Ça ne fonctionnera jamais ! C'est dommage de voir ces personnes s'agitent sur des problèmes qui n'en sont pas...
Par contre acheter le dvd de HeroCorp saison 1 c'est du bon  :;):

----------


## del65

> Je suis moi aussi assez curieux de savoir comment ils s'y prennent pour vérifier les 
> téléchargements.
> Après, on en revient toujours au même point, j'achète pas mal de jeux et j'vais vraiment souvent au cinéma, ça me ferait chier d'être ennuyé parce que je télécharge les séries le lendemain de leur diffusion aux US. 
> Mais je suis pas sûr d'avoir bien compris, j'ai l'impression qu'ils ne sanctionnent que la non-protection de la connexion là.
> 
> Enfin, au pire, je me connecterais chez mes voisins, totalement hors la loi puisque leur connexion est mal sécurisée.

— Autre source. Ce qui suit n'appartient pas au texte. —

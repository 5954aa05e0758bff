-- ===== src/Mm/Locks.antt =====
-- mm/mmap.c, mm_take_all_locks and mm_drop_all_locks.
pub mod Pair
pub mod Loops
pub mod Drop
pub mod Take
use vd2024_so2_private_code.Base.{
  ℕ, List, [], ◌∷◌, Option, none, some, Bool, true, false, not, ◌&&◌, ◌==◌, if◌then◌else◌, ℤ, pos,
  neg, eintr, is_some,
}
use vd2024_so2_private_code.Base.State.{M, ◌>>=◌, ◌>>◌, ret, gets, puts}
use vd2024_so2_private_code.Mm.Types.{Vma}

-- A lock with the bit that marks it as taken by mm_take_all_locks: the lowest bit of the rb_node of
-- an anon_vma's root, or AS_MM_ALL_LOCKS of a mapping.
pub record Lock : Type 0 where
  pub bit : Bool
  pub rwsem : Bool

-- The locks of the roots of anon_vmas and those of the mappings of files, `mm_all_locks_mutex`, the
-- answers that `signal_pending` has still to give (no signal after them), and the vmas that
-- `vma_start_write` marked.
pub record AllLocks : Type 0 where
  pub anon : ℕ → Lock
  pub mapping : ℕ → Lock
  pub mutex : Bool
  pub signals : List Bool
  pub written : List Vma

-- `vma->vm_file->f_mapping` of a file, and whether a vma is of huge pages. The roots of the
-- anon_vmas on the chain of a vma are in its `anon_vma_chain`.
pub record LockEnv : Type 0 where
  pub f_mapping : ℕ → Option ℕ
  pub is_vm_hugetlb_page : Vma → Bool

pub put : (ℕ → Lock) → ℕ → Lock → ℕ → Lock
put f k v i = if i == k then v else f i

-- `none` is a BUG, or a lock that is taken twice or released while free.
pub take_lock : Lock → Option Lock
take_lock l =
    if l.bit then some l else (if l.rwsem then none else some (record { bit = true; rwsem = true }))

pub drop_lock : Lock → Option Lock
drop_lock l =
    if l.bit
    then (if l.rwsem then some (record { bit = false; rwsem = false }) else none)
    else some l

-- `vm_lock_anon_vma` and `vm_unlock_anon_vma`
pub on_anon : (Lock → Option Lock) → ℕ → M AllLocks (Unit {0})
unfolding put
on_anon f root s = elim (f (s.anon root)) [
  | none ↦ none
  | some l ↦ some (tt, record s { anon = put s.anon root l })
]

-- `vm_lock_mapping` and `vm_unlock_mapping`
pub on_mapping : (Lock → Option Lock) → ℕ → M AllLocks (Unit {0})
unfolding put
on_mapping f mapping s = elim (f (s.mapping mapping)) [
  | none ↦ none
  | some l ↦ some (tt, record s { mapping = put s.mapping mapping l })
]

pub on_chain : (Lock → Option Lock) → List ℕ → M AllLocks (Unit {0})
unfolding on_anon
on_chain f [] s = some (tt, s)
on_chain f (root ∷ roots) s = elim (on_anon f root s) [
  | none ↦ none
  | some (u, s') ↦ on_chain f roots s'
]

-- `if (vma->anon_vma)`
pub roots_of : Vma → List ℕ
roots_of vma = if is_some vma.anon_vma then vma.anon_vma_chain else []

pub signal_pending : M AllLocks Bool
signal_pending s = elim s.signals [
  | [] ↦ some (false, s)
  | signal ∷ rest ↦ some (signal, record s { signals = rest })
]

pub vma_start_write : Vma → M AllLocks (Unit {0})
vma_start_write vma = puts (λ s. record s { written = vma ∷ s.written })

module _ (e : LockEnv) where
  -- `vma->vm_file && vma->vm_file->f_mapping`
  pub mapping_of : Vma → Option ℕ
  mapping_of vma = elim vma.vm_file [ none ↦ none | some file ↦ e.f_mapping file ]

  pub on_some_mapping : (Lock → Option Lock) → Option ℕ → M AllLocks (Unit {0})
  unfolding on_mapping
  on_some_mapping f none = ret tt
  on_some_mapping f (some mapping) = on_mapping f mapping

  -- A loop of mm_take_all_locks, whose answer is whether it was interrupted.
  pub each_vma : (Vma → M AllLocks (Unit {0})) → List Vma → M AllLocks Bool
  unfolding signal_pending
  each_vma body [] s = some (false, s)
  each_vma body (vma ∷ vmas) s = elim (signal_pending s) [
    | none ↦ none
    | some (signal, s') ↦ elim signal [
      | true ↦ some (true, s')
      | false ↦ elim (body vma s') [ none ↦ none | some (u, s'') ↦ each_vma body vmas s'' ]
    ]
  ]

  pub lock_mapping_if : Bool → Vma → M AllLocks (Unit {0})
  unfolding mapping_of on_some_mapping take_lock
  lock_mapping_if huge vma = on_some_mapping take_lock (
      if e.is_vm_hugetlb_page vma
      then (if huge then mapping_of vma else none)
      else (if huge then none else mapping_of vma))

  pub lock_anon : Vma → M AllLocks (Unit {0})
  unfolding roots_of on_chain take_lock
  lock_anon vma = on_chain take_lock (roots_of vma)

  pub drop_vma : Vma → M AllLocks (Unit {0})
  unfolding roots_of on_chain mapping_of on_some_mapping drop_lock
  drop_vma vma s = elim (on_chain drop_lock (roots_of vma) s) [
    | none ↦ none
    | some (u, s') ↦ on_some_mapping drop_lock (mapping_of vma) s'
  ]

  pub drop_vmas : List Vma → M AllLocks (Unit {0})
  unfolding drop_vma
  drop_vmas [] s = some (tt, s)
  drop_vmas (vma ∷ vmas) s = elim (drop_vma vma s) [
    | none ↦ none
    | some (u, s') ↦ drop_vmas vmas s'
  ]

  pub mm_drop_all_locks : List Vma → M AllLocks (Unit {0})
  unfolding drop_vmas
  mm_drop_all_locks vmas s = elim s.mutex [
    | false ↦ none
    | true ↦ elim (drop_vmas vmas s) [
      | none ↦ none
      | some (u, s') ↦ some (tt, record s' { mutex = false })
    ]
  ]

  -- `out_unlock:` where a loop was interrupted, or the loops that follow.
  pub unless_interrupted : List Vma → M AllLocks ℤ → Bool → M AllLocks ℤ
  unfolding mm_drop_all_locks
  unless_interrupted vmas rest interrupted s = elim interrupted [
    | false ↦ rest s
    | true ↦ elim (mm_drop_all_locks vmas s) [ none ↦ none | some (u, s') ↦ some (neg eintr, s') ]
  ]

  pub loops : List Vma → List (Vma → M AllLocks (Unit {0})) → M AllLocks ℤ
  unfolding each_vma unless_interrupted
  loops vmas [] s = some (pos 0, s)
  loops vmas (body ∷ bodies) s = elim (each_vma body vmas s) [
    | none ↦ none
    | some (interrupted, s') ↦ unless_interrupted vmas (loops vmas bodies) interrupted s'
  ]

  pub mm_take_all_locks : List Vma → M AllLocks ℤ
  unfolding loops lock_mapping_if lock_anon vma_start_write
  mm_take_all_locks vmas s = elim s.mutex [
    | true ↦ none
    | false ↦
        loops vmas (vma_start_write ∷ lock_mapping_if true ∷ lock_mapping_if false ∷ lock_anon ∷ [])
          (record s { mutex = true })
  ]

Les seuls fichiers concernés sont des fichiers audio et vidéo pour lesquels il est possible d'obtenir une empreinte (=audiotag). En tout 10000 musiques et films seront "pistés" sur emule et bittorent à partir de cette empreinte, mais suels ceux dont le nom d'artiste/album correspond seront effectivement vérifiés (sinon ils vont télécharger tout le web !).

sourceFreenews

----------


## Phoelox

> Les seuls fichiers concernés sont des fichiers audio et vidéo pour lesquels il est possible d'obtenir une empreinte (=audiotag). En tout 10000 musiques et films seront "pistés" sur emule et bittorent à partir de cette empreinte, mais suels ceux dont le nom d'artiste/album correspond seront effectivement vérifiés (sinon ils vont télécharger tout le web !).
> 
> sourceFreenews


Mort de rire.Apres open office et les pare-feu, le gouvernement s'attaque aux codecs, a la compression et au cryptage. ::rolleyes:: 
Quelqu'un a essayé de leur expliquer? ::P:

----------


## Ek-ZutWar

D'après moi ils vont pister les fichiers Avatar et Lady Gaga. Ça en fera déjà un bon paquet pour les deux premières séries de mails, voire même le courrier recommandé.

----------


## Bidji

> D'après moi ils vont pister les fichiers Avatar et Lady Gaga. Ça en fera déjà un bon paquet pour les deux premières séries de mails, voire même le courrier recommandé.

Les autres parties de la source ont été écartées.